[Records shown]

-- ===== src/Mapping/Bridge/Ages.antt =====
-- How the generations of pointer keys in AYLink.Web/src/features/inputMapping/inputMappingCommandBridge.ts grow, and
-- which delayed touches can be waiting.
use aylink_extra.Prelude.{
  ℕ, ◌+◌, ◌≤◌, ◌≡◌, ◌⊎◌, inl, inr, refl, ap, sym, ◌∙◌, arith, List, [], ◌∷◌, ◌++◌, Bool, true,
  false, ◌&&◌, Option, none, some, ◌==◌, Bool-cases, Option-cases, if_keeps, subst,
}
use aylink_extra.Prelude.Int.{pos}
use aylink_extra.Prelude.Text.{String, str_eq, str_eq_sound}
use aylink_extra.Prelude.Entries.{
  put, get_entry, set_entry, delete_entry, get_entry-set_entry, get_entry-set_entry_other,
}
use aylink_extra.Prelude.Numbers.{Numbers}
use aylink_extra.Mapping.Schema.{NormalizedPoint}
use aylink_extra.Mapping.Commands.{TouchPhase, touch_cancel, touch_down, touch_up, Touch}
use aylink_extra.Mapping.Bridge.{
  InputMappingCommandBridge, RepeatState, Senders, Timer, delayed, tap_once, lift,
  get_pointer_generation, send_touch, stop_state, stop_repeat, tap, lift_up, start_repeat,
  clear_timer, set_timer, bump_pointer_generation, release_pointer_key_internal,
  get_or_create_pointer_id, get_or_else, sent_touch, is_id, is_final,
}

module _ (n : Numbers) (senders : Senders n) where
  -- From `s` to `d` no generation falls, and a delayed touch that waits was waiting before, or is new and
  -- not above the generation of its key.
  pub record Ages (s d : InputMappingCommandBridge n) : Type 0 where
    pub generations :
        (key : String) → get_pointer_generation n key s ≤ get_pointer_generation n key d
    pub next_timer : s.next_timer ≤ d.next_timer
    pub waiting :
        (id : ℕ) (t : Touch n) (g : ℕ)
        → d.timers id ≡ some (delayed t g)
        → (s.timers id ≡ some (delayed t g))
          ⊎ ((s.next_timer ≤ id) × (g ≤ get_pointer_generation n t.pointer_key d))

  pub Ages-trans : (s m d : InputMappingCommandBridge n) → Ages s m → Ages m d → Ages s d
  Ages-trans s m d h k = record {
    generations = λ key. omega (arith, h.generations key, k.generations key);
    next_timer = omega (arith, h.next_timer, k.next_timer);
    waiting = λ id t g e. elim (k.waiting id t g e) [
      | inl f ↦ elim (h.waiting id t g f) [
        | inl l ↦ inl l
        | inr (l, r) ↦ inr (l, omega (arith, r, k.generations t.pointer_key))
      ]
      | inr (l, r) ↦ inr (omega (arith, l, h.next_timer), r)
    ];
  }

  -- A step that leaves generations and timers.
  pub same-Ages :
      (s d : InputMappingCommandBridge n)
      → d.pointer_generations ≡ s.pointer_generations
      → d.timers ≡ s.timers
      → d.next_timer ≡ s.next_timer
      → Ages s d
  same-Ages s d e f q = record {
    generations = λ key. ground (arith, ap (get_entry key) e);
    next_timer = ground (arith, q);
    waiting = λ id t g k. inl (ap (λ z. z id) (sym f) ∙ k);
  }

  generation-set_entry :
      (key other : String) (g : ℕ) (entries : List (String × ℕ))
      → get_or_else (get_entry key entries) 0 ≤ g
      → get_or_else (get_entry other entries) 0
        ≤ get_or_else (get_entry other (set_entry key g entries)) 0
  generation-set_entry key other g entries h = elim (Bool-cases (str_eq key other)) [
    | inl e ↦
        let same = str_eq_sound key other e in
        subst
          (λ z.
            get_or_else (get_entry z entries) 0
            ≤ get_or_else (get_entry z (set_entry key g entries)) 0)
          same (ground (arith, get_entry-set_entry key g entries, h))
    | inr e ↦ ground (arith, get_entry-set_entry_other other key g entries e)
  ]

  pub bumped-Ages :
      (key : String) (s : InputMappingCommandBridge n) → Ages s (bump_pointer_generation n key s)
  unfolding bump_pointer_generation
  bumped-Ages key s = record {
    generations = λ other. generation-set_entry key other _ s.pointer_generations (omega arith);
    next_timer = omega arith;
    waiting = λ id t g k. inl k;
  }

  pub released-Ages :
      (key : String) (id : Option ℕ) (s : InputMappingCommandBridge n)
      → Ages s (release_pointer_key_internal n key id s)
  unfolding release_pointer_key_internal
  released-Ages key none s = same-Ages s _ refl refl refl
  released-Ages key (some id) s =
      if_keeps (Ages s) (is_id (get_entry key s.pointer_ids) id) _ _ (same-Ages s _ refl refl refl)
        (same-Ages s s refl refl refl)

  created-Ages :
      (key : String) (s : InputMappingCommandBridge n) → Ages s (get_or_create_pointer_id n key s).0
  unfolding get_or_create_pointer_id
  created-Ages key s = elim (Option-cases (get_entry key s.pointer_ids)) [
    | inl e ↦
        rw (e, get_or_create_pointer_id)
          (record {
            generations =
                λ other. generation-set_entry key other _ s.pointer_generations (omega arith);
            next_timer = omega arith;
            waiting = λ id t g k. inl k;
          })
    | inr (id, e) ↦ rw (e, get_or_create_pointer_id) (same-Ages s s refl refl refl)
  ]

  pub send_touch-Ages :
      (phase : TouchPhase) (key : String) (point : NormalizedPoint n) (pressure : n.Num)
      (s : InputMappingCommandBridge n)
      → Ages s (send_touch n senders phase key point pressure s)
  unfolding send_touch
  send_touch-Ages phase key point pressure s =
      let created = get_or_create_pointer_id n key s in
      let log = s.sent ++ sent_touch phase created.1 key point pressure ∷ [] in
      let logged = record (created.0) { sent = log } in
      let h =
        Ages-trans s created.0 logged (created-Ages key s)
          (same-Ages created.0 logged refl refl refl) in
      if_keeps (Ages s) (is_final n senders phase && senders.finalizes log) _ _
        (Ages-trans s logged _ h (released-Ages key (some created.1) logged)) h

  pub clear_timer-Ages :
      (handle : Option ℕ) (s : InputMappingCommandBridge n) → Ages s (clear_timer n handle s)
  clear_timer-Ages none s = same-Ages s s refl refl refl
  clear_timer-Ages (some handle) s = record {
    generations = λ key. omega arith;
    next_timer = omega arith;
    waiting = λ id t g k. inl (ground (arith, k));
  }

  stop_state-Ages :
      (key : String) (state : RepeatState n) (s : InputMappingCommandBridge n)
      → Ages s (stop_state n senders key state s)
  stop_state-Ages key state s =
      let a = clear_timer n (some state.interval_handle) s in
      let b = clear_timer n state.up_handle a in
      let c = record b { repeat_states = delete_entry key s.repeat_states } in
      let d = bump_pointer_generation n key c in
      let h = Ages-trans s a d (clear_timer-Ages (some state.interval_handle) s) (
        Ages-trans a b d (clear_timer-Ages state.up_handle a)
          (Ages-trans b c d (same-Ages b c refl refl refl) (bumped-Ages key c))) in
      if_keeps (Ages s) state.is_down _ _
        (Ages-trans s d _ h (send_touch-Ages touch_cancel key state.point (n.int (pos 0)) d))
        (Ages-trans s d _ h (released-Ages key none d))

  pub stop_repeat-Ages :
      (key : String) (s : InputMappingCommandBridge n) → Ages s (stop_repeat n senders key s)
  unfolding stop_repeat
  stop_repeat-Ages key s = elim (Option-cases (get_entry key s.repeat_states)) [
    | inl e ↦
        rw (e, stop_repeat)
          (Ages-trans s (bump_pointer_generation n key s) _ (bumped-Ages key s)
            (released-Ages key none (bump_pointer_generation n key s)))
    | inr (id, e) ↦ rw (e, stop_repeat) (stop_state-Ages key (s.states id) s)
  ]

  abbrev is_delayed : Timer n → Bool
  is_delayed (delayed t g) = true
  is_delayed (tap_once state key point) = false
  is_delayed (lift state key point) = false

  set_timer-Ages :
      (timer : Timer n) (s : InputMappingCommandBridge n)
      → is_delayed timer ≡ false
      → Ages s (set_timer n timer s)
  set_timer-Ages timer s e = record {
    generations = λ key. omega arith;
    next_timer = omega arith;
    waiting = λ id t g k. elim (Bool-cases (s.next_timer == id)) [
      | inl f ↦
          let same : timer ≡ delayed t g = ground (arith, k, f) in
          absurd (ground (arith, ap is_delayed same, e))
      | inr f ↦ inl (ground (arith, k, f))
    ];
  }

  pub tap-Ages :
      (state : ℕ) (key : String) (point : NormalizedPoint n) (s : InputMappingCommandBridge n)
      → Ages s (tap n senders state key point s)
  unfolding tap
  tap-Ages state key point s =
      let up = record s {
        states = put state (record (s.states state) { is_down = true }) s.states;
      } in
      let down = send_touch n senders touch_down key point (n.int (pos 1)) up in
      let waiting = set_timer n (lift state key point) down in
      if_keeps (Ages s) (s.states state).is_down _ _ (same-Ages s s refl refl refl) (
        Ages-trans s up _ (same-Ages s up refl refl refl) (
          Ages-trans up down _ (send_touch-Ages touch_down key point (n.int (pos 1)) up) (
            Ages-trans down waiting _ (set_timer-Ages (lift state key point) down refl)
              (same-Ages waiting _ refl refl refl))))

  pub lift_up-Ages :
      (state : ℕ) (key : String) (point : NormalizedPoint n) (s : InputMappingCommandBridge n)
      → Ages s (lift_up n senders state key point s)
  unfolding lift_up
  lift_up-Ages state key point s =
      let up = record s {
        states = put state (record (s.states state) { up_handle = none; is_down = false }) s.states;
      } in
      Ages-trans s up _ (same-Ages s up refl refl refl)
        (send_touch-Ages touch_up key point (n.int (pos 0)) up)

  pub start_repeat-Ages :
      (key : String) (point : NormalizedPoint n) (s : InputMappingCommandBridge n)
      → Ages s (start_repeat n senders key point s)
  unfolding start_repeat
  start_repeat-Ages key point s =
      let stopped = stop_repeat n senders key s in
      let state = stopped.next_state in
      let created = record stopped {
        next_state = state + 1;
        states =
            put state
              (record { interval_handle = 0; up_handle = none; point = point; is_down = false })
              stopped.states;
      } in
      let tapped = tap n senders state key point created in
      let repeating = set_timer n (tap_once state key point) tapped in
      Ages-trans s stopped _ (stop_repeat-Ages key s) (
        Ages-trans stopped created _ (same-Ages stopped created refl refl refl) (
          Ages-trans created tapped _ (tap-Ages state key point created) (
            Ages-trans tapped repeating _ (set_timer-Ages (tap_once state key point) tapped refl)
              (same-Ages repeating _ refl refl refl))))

[/Records shown]

» What you have to do: Retype the line containing "Ages-trans tapped repeating" and each line after it through the end of the listing, exactly, leaving out everything else.

» Solution:
            Ages-trans tapped repeating _ (set_timer-Ages (tap_once state key point) tapped refl)
              (same-Ages repeating _ refl refl refl))))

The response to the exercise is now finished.